* **TASK INPUT**
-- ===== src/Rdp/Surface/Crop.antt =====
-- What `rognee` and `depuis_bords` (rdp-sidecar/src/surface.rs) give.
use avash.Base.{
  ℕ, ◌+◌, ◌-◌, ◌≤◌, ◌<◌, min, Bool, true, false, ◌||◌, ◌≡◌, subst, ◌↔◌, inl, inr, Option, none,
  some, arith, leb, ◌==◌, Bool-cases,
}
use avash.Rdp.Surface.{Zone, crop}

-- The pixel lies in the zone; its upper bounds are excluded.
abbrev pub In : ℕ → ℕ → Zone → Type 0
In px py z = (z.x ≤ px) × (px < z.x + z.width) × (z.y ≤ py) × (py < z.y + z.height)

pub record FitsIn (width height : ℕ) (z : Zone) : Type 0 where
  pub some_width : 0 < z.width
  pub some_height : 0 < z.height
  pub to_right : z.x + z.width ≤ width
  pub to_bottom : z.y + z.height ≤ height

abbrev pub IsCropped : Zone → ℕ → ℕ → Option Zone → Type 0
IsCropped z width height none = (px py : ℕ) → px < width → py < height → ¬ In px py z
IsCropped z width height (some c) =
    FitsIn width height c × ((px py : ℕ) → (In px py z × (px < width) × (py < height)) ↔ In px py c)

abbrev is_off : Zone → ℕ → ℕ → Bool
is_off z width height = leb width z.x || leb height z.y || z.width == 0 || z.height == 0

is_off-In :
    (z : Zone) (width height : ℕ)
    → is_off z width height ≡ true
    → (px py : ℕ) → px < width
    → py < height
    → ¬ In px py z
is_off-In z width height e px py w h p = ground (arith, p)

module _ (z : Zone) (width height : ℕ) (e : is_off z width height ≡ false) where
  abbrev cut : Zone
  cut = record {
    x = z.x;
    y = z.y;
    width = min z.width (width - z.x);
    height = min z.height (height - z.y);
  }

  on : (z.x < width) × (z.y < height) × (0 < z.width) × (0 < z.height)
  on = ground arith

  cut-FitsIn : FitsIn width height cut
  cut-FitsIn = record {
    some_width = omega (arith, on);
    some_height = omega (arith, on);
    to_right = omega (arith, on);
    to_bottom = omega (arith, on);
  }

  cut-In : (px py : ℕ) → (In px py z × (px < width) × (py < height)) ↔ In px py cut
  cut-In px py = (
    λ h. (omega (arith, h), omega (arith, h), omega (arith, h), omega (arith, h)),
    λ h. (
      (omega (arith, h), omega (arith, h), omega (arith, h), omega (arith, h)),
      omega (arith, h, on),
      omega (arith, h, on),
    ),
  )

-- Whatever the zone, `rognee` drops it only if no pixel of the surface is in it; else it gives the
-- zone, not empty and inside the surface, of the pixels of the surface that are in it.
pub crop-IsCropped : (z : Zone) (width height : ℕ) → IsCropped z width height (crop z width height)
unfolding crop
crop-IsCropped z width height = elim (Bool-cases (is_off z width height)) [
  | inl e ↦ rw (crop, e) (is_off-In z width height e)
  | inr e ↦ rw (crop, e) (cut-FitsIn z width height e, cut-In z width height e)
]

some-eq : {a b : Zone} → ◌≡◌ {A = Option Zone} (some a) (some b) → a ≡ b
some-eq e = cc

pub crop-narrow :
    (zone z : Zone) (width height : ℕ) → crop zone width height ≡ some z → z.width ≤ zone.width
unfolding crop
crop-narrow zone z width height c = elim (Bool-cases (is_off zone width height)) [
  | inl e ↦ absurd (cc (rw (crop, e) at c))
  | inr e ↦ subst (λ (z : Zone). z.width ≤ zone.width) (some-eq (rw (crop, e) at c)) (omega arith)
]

==

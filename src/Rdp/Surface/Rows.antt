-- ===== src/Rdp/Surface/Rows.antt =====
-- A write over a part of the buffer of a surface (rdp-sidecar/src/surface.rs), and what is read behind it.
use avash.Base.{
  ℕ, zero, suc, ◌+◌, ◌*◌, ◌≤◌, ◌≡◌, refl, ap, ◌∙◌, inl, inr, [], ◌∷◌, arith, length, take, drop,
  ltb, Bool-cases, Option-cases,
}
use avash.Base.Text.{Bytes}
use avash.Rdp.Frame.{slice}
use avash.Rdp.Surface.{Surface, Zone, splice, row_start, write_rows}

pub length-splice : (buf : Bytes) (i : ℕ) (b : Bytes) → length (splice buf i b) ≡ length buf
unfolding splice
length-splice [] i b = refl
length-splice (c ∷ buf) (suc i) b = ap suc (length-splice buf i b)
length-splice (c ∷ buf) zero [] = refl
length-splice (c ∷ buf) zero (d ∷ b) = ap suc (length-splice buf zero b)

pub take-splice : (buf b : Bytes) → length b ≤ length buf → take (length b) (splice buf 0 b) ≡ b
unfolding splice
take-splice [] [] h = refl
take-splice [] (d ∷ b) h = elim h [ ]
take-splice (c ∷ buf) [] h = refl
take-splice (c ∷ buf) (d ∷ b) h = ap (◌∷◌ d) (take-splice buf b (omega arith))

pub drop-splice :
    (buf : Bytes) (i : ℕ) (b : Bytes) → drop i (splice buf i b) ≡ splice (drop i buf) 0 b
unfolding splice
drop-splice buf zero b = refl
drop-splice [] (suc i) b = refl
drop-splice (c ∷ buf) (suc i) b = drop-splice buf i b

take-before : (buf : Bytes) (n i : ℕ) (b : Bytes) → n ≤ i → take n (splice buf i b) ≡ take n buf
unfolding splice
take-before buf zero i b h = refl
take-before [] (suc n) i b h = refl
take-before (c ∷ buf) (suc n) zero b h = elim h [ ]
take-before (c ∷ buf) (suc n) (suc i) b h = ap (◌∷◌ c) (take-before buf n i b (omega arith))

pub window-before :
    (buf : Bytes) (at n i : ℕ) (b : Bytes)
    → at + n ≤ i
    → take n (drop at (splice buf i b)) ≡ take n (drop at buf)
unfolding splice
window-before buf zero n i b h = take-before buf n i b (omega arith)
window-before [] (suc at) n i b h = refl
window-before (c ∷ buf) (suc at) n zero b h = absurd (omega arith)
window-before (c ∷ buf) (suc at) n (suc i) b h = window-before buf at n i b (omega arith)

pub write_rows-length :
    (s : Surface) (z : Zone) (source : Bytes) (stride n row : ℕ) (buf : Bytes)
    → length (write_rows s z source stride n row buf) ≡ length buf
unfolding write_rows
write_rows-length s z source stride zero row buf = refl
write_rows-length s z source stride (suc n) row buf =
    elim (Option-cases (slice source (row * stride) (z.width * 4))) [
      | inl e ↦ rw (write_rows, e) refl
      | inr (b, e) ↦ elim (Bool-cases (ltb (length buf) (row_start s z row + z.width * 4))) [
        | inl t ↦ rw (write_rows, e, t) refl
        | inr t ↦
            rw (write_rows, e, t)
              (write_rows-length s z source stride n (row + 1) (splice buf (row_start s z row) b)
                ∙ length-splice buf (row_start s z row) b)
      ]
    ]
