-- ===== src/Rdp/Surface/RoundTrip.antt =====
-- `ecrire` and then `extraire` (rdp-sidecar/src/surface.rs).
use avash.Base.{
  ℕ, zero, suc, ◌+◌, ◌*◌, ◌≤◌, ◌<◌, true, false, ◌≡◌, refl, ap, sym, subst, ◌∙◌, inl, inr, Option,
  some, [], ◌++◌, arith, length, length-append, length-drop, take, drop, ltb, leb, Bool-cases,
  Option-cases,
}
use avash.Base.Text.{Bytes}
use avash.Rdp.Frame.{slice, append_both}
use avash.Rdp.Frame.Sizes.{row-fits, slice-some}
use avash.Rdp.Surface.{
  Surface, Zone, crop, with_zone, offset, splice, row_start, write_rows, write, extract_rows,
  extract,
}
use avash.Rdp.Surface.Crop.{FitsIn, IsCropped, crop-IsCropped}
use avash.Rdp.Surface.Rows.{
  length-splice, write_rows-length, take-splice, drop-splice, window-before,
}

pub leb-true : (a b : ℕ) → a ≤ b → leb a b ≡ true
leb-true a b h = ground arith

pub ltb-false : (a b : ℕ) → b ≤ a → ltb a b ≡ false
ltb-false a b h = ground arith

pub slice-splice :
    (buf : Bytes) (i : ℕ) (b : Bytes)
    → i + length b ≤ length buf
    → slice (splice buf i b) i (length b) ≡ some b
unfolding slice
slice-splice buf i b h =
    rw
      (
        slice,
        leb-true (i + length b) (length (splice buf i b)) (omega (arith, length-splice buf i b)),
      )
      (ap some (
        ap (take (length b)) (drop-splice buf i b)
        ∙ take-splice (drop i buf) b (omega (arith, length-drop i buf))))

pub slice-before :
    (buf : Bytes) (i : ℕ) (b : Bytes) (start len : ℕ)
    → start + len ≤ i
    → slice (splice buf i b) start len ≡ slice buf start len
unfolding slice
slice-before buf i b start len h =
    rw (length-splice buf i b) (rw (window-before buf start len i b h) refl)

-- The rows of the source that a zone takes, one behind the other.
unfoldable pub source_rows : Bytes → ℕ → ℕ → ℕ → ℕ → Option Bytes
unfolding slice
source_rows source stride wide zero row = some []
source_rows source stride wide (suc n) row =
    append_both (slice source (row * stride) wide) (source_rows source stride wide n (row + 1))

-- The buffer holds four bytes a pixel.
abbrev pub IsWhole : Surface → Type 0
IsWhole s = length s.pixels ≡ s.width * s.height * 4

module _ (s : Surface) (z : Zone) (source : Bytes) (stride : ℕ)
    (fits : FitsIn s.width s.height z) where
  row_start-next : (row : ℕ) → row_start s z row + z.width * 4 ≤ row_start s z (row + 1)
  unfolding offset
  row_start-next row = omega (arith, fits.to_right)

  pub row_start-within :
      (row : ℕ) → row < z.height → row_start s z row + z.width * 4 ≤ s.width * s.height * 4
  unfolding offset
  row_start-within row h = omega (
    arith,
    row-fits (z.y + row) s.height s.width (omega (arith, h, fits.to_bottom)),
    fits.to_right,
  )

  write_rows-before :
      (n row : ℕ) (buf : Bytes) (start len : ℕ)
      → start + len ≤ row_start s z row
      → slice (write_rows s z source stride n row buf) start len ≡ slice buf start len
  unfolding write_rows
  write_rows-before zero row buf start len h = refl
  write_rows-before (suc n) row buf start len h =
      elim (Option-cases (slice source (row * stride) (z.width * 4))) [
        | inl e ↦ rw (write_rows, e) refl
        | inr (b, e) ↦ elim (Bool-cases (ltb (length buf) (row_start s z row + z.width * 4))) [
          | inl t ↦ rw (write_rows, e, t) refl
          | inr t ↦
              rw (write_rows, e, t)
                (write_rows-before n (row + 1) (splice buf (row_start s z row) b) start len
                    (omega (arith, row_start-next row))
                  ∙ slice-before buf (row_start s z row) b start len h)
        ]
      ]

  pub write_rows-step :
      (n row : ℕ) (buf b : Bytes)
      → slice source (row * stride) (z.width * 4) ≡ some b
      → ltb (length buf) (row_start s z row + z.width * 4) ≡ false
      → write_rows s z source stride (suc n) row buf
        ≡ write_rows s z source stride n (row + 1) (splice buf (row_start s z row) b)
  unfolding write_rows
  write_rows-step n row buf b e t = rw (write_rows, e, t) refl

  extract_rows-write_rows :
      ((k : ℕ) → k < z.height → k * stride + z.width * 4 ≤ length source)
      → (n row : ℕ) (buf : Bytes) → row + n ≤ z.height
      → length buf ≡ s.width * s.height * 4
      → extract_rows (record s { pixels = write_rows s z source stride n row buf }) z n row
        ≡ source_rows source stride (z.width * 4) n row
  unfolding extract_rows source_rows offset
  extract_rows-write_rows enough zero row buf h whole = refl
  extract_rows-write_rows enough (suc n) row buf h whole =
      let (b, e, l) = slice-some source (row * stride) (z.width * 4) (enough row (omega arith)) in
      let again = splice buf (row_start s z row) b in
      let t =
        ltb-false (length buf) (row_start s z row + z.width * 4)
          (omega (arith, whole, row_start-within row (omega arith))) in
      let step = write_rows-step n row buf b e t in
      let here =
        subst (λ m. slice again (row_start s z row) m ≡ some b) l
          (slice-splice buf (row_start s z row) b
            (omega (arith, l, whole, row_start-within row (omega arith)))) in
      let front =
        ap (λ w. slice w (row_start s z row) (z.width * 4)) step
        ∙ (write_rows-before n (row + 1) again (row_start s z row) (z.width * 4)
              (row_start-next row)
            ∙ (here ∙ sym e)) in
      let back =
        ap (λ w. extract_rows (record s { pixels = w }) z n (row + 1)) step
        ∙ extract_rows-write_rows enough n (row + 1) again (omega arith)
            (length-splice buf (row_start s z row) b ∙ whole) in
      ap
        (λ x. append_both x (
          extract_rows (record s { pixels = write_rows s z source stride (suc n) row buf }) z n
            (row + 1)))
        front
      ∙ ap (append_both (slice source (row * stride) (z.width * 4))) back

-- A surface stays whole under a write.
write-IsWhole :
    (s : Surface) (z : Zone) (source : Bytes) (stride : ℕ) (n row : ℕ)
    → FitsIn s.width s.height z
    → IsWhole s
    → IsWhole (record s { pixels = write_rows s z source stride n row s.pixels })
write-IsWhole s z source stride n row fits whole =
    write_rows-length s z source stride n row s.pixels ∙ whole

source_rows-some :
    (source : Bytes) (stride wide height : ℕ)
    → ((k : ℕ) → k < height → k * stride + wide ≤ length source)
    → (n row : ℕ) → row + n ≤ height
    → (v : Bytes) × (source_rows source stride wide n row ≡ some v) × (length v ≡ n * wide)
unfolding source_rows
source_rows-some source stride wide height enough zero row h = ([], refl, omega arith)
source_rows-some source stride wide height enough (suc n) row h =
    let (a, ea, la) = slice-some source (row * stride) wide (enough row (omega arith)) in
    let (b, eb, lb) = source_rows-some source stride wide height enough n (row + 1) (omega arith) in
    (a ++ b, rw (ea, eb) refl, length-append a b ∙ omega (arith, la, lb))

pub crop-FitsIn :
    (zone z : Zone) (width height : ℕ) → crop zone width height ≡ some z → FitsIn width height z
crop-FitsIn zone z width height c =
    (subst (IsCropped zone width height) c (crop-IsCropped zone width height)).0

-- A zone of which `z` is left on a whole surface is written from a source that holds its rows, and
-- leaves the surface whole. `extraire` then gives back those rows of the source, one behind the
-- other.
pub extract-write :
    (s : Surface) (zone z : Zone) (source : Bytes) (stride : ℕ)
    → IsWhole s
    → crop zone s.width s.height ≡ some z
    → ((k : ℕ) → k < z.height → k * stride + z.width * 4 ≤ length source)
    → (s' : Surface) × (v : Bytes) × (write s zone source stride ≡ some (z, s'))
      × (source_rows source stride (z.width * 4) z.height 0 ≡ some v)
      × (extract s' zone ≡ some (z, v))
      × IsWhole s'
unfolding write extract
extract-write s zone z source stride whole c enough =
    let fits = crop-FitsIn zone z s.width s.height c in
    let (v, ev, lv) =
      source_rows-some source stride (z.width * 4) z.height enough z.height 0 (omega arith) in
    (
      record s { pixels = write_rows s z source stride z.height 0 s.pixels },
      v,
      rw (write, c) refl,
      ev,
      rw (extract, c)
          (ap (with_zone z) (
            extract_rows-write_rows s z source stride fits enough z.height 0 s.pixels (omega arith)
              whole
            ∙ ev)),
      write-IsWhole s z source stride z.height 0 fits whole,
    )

...

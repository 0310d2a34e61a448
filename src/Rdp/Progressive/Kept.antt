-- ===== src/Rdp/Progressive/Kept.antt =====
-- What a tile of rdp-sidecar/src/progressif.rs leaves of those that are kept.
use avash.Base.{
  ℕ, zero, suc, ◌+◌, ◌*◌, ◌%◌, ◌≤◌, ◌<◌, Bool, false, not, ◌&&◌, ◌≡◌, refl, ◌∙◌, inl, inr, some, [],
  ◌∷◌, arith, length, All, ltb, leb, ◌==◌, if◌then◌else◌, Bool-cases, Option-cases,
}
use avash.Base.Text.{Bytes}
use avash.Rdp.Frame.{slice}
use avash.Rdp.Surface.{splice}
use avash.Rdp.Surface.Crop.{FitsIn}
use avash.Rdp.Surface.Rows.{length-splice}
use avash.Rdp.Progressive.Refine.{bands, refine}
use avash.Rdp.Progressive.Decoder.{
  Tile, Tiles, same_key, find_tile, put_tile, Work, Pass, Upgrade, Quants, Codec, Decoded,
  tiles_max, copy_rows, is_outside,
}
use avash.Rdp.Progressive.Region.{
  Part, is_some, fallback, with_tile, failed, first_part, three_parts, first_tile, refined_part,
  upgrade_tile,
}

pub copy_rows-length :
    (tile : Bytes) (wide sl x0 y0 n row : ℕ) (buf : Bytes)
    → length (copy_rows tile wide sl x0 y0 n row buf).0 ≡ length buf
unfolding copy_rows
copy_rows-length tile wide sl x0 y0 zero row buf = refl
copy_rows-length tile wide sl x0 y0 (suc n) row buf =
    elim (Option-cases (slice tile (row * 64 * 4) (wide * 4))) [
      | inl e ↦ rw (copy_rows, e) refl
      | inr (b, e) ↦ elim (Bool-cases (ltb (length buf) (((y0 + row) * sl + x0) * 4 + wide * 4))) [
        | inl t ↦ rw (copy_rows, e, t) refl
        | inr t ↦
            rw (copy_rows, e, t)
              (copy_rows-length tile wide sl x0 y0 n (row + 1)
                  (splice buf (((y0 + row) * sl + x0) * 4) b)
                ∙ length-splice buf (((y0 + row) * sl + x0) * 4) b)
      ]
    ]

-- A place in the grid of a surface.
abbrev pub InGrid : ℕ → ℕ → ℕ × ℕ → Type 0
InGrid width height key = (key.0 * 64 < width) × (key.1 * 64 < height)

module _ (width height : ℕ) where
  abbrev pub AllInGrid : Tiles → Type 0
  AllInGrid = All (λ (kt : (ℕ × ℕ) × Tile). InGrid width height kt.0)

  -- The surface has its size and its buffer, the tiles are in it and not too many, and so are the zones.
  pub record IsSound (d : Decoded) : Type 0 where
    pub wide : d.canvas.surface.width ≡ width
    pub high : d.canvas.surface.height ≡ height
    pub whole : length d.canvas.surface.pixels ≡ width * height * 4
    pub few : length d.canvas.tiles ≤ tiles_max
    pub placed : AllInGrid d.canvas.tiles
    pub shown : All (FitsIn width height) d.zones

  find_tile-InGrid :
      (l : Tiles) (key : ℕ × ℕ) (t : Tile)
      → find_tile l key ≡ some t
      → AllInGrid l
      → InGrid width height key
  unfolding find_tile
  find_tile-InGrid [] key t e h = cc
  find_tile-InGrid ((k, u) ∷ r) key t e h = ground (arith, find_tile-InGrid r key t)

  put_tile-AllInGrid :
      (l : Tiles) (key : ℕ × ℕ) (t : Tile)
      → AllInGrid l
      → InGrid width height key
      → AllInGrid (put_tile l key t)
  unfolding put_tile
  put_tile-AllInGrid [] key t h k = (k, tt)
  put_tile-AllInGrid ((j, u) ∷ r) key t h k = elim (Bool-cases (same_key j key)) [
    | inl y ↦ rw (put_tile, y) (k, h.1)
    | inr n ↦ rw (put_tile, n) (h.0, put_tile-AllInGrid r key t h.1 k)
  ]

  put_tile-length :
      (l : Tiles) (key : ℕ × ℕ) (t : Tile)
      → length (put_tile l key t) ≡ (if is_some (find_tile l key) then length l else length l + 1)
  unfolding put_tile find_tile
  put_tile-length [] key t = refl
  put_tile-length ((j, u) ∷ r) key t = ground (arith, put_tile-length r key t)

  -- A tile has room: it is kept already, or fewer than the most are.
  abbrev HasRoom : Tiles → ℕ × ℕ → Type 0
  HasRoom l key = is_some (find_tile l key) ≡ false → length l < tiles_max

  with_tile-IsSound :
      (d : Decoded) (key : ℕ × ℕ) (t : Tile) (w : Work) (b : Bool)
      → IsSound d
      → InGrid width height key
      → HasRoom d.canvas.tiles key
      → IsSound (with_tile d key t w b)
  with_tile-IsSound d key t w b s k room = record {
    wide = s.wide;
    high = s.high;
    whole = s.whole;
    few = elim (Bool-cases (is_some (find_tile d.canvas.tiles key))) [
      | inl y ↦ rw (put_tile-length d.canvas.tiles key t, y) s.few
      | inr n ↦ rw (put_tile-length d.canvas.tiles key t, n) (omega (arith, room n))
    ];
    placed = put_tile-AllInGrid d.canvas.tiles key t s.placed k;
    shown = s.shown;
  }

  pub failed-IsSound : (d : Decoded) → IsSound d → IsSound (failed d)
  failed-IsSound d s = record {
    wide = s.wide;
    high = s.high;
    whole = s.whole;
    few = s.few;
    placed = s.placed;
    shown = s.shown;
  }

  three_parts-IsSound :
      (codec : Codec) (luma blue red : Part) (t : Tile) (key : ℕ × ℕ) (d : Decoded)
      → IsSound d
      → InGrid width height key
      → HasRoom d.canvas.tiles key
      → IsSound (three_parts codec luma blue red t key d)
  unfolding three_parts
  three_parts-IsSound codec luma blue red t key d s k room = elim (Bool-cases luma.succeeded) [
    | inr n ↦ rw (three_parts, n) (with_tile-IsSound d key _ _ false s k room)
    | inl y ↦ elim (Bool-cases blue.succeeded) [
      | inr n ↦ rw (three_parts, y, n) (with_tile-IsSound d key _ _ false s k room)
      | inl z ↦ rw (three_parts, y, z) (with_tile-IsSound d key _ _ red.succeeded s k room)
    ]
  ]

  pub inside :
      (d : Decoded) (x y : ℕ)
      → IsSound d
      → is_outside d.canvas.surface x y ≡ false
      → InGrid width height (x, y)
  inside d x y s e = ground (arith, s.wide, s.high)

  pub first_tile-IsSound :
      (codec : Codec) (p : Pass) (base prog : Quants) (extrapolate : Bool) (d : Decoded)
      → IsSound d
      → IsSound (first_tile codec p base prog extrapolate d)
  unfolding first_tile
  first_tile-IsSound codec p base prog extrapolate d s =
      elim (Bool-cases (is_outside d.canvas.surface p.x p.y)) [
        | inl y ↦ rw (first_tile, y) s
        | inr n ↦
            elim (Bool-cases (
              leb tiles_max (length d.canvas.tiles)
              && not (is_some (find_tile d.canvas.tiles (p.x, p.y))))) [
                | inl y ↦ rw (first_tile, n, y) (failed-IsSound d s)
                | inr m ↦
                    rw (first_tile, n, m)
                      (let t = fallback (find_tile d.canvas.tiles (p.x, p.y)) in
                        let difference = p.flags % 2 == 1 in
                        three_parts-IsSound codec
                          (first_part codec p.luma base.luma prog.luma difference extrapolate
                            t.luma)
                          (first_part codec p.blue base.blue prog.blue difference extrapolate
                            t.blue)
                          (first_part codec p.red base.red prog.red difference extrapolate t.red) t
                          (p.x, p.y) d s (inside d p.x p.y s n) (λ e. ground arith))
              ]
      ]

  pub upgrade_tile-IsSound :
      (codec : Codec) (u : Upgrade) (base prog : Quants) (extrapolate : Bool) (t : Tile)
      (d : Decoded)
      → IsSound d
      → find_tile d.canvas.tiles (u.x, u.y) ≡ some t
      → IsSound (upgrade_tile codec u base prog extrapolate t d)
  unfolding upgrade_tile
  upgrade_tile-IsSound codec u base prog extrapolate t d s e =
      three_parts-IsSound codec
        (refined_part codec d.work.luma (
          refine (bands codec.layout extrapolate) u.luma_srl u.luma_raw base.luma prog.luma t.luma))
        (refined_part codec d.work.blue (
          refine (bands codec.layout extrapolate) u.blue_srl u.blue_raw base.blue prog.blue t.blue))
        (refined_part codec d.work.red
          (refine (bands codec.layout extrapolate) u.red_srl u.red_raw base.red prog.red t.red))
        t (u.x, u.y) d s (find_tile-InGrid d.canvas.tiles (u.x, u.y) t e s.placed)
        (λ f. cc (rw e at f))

* **WHAT TO PRODUCE**
The lines you need are those with the word "IsCropped"; list them from the entries.

* **OUTPUT FOR THIS TASK**
abbrev pub IsCropped : Zone → ℕ → ℕ → Option Zone → Type 0
IsCropped z width height none = (px py : ℕ) → px < width → py < height → ¬ In px py z
IsCropped z width height (some c) =
pub crop-IsCropped : (z : Zone) (width height : ℕ) → IsCropped z width height (crop z width height)
crop-IsCropped z width height = elim (Bool-cases (is_off z width height)) [
use avash.Rdp.Surface.Crop.{FitsIn, IsCropped, crop-IsCropped}
    (subst (IsCropped zone width height) c (crop-IsCropped zone width height)).0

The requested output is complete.